The _NCA _(www.consumerconnect.ie) have a useful booklet on management companies etc. that might be worth checking.


----------



## csirl

> 3. Can we as residents collectively request that our local county council take over the estate if we are not happy with the "management company". Are they are legally obliged to take it over if we request.


 
Cant answer 1 & 2, but Councils generally will not take over unfinished estates. It is a condition of planning that the developer finishes in accordance with the planning permission. If it is the case that the development has not been finished to the required standard, the appropriate place to complain is the planning enforcement office. Councils generally refuse (or should according to planning law) future planning permissions to developers who have not finished previous developments.


----------



## ClubMan

oceanfrog said:


> 1. Are the management company/agents allowed to take over management of an "unfinished" development? All houses are completed, but there are unfinished portions of tarmac in the car park of the development and unpainted common areas (as well as a few other things left unfinished by the builder). If the management company/agents take over the unfinished development who is responsible for finishing all unfinished work?


Our management company and agent were operating before out place was completely finished so I presume that it is possible. In our case the development was completed in stages with road surfaces, common area landscaping done by the developer before they left. I don't think that this is uncommon. If I recall correctly there may also have been a problem with some of the sewerage/drainage infrastructure which may have been put right by the local authority and which was funded from whatever bonds the developer had to lodge in advance in relation to the development.
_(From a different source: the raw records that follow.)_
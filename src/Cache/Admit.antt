-- ===== src/Cache/Admit.antt =====
-- The end of `set`: the entry is written, and the evictor told.
use hw6_csci.Base.{
  ℕ, ◌+◌, ◌≤◌, ◌≡◌, refl, ◌∙◌, sym, ap, inl, inr, Bool, true, false, Option, none, some, List,
  Bytes, arith, ok, Option-cases, if◌then◌else◌, bytes_eq, ◌≢◌,
}
use hw6_csci.Base.Dict.{
  Dict, Distinct, contains, total, find, emplace, assign, erase_absent, total-erase, find-emplace,
  find-assign, Distinct-emplace, Distinct-assign, total-emplace, total-assign,
}
use hw6_csci.Evictor.{Evictor}
use hw6_csci.Evictor.Queue.{member}
use hw6_csci.Cache.{Cache, u32, put_entry, touch, admit}
use hw6_csci.Cache.Valid.{Queued, IsValid}
use hw6_csci.Cache.Count.{new_total}

-- The maps of `c'` are `vals` and `sizes` with the entry put in.
pub record Stored {S : Type 0} (key v : Bytes) (size : ℕ) (vals : Dict Bytes) (sizes : Dict ℕ)
    (c' : Cache S) : Type 0 where
  pub vals_at : (k : Bytes) → find k c'.vals ≡ (if bytes_eq key k then some v else find k vals)
  pub sizes_at :
      (k : Bytes) → find k c'.sizes ≡ (if bytes_eq key k then some size else find k sizes)

-- The entries themselves, before they are known to be the right ones.
abbrev written : {V : Type 0} → Bool → Bytes → V → Dict V → Dict V
written false = emplace
written true = assign

find-written :
    {V : Type 0} (existing : Bool) (k key : Bytes) (v : V) (m : Dict V)
    → contains key m ≡ existing
    → find k (written existing key v m) ≡ (if bytes_eq key k then some v else find k m)
find-written false k key v m e = find-emplace k key v m (ground arith)
find-written true k key v m e = find-assign k key v m e

Distinct-written :
    {V : Type 0} (existing : Bool) (key : Bytes) (v : V) (m : Dict V)
    → Distinct m
    → Distinct (written existing key v m)
Distinct-written false key v m d = Distinct-emplace key v m d
Distinct-written true key v m d = Distinct-assign key v m d

total-written :
    (existing : Bool) (key : Bytes) (size : ℕ) (m : Dict ℕ)
    → Distinct m
    → contains key m ≡ existing
    → total (written existing key size m) ≡ new_total key size m
total-written false key size m d e =
    total-emplace key size m (ground arith)
    ∙ ap (λ n. total n + size) (sym (erase_absent key m (ground arith)))
total-written true key size m d e = elim (Option-cases (find key m)) [
  | inl h ↦ ground arith
  | inr (old, h) ↦ omega (arith, total-assign key old size m h, total-erase key old m d h)
]

abbrev pub is_there : {V : Type 0} → Option V → Bool
is_there o = elim o [ none ↦ false | some _ ↦ true ]

same-Stored :
    {S : Type 0} (key v : Bytes) (size : ℕ) (vals : Dict Bytes) (sizes : Dict ℕ) (c' : Cache S)
    (k : Bytes)
    → Stored key v size vals sizes c'
    → contains k vals ≡ contains k sizes
    → contains k c'.vals ≡ contains k c'.sizes
same-Stored key v size vals sizes c' k stored same =
    ground (arith, stored.vals_at k, stored.sizes_at k)

put_entry-written :
    {S : Type 0} (existing : Bool) (key v : Bytes) (size actual : ℕ) (c : Cache S)
    → contains key c.vals ≡ existing
    → contains key c.sizes ≡ existing
    → put_entry existing key v size actual c
      ≡ ok (record c {
        vals = written existing key v c.vals;
        sizes = written existing key size c.sizes;
        current_mem = u32 (c.current_mem + actual);
      })
unfolding put_entry
put_entry-written false key v size actual c e e' = refl
put_entry-written true key v size actual c e e' = rw (e, e')

module _ (E : Evictor) where
  pub requeued : Bytes → Option E.State → List Bytes → List Bytes
  requeued key none q = q
  requeued key (some s) q = E.requeue key q

  pub requeued-some :
      (key : Bytes) (ev : Option E.State) (q : List Bytes)
      → ev ≢ none
      → requeued key ev q ≡ E.requeue key q
  unfolding requeued
  requeued-some key none q ne = absurd (ne refl)
  requeued-some key (some s) q ne = refl

  pub record Touched (key : Bytes) (c : Cache E.State) (q : List Bytes) (c' : Cache E.State)
      : Type 0 where
    pub vals : c'.vals ≡ c.vals
    pub sizes : c'.sizes ≡ c.sizes
    pub current_mem : c'.current_mem ≡ c.current_mem
    pub maxmem : c'.maxmem ≡ c.maxmem
    pub present : c'.evictor ≢ none → c.evictor ≢ none
    pub queued : Queued E c'.evictor (requeued key c.evictor q)

  pub touch_lem :
      (key : Bytes) (c : Cache E.State) (q : List Bytes)
      → Queued E c.evictor q
      → (c' : Cache E.State) × (touch E key c ≡ ok c') × Touched key c q c'
  unfolding touch requeued
  touch_lem key c q queued = elim (Option-cases c.evictor) [
    | inl e ↦ (
      c,
      ground arith,
      record {
        vals = refl;
        sizes = refl;
        current_mem = refl;
        maxmem = refl;
        present = λ h. h;
        queued = rw e (rw e at queued);
      },
    )
    | inr (s, e) ↦
        let (t, run, holds) = E.touch_law key s q (rw e at queued) in
        (
          record c { evictor = some t },
          ground (arith, run),
          record {
            vals = refl;
            sizes = refl;
            current_mem = refl;
            maxmem = refl;
            present = λ h. cc;
            queued = rw e holds;
          },
        )
  ]

  known_requeued :
      (key : Bytes) (ev : Option E.State) (q : List Bytes) (k : Bytes) (sizes : Dict ℕ) (size : ℕ)
      → ev ≢ none
      → (contains k sizes ≡ true → member k q ≡ true)
      → is_there (if bytes_eq key k then some size else find k sizes) ≡ true
      → member k (requeued key ev q) ≡ true
  unfolding requeued
  known_requeued key none q k sizes size ne known i = absurd (ne refl)
  known_requeued key (some s) q k sizes size ne known i = ground (arith, E.member-requeue k key q)

  -- Where the count comes out right and within the bound, the entry is written, the evictor
  -- told, and the invariant kept.
  pub admit-IsValid :
      (key v : Bytes) (size actual : ℕ) (c : Cache E.State) (q : List Bytes)
      → IsValid E c q
      → u32 (c.current_mem + actual) ≡ new_total key size c.sizes
      → new_total key size c.sizes ≤ c.maxmem
      → (c' : Cache E.State) × (admit E (contains key c.vals) key v size actual c ≡ ok c')
        × IsValid E c' (requeued key c.evictor q)
        × Stored key v size c.vals c.sizes c'
  unfolding admit
  admit-IsValid key v size actual c q valid count fits =
      let existing = contains key c.vals in
      let same : contains key c.sizes ≡ existing = sym (valid.same_keys key) in
      let d = record c {
        vals = written existing key v c.vals;
        sizes = written existing key size c.sizes;
        current_mem = u32 (c.current_mem + actual);
      } in
      let run : put_entry existing key v size actual c ≡ ok d =
        put_entry-written existing key v size actual c refl same in
      let (c', run', t) = touch_lem key d q valid.queued in
      let stored : Stored key v size c.vals c.sizes c' = record {
        vals_at = λ k. ap (find k) t.vals ∙ find-written existing k key v c.vals refl;
        sizes_at = λ k. ap (find k) t.sizes ∙ find-written existing k key size c.sizes same;
      } in
      (
        c',
        rw run run',
        record {
          same_keys = λ k. same-Stored key v size c.vals c.sizes c' k stored (valid.same_keys k);
          distinct = rw t.sizes (Distinct-written existing key size c.sizes valid.distinct);
          counted =
              t.current_mem
              ∙ count
              ∙ sym (total-written existing key size c.sizes valid.distinct same)
              ∙ ap total (sym t.sizes);
          bounded = omega arith;
          small = omega arith;
          queued = t.queued;
          known = λ k ne i.
              known_requeued key c.evictor q k c.sizes size (t.present ne)
                (λ j. valid.known k (t.present ne) j) (sym (ap is_there (stored.sizes_at k)) ∙ i);
        },
        stored,
      )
> 2. What happens if the residents are NOT informed of any AGM (none of us have been to date and some people are living there since Summer 2006 ... I've been there since Christmas 2006)? We have also received NO annual accounts ... the only correspondence has been invoices for service charges.


You can check if the company is in breach of company law easily enough. If they are then it's up to you as to how you want to deal with it. But obviously if you take an adversarial approach to dealing with your management company then you may be cutting off your nose to spite your face.


> 3. Can we as residents collectively request that our local county council take over the estate if we are not happy with the "management company". Are they are legally obliged to take it over if we request.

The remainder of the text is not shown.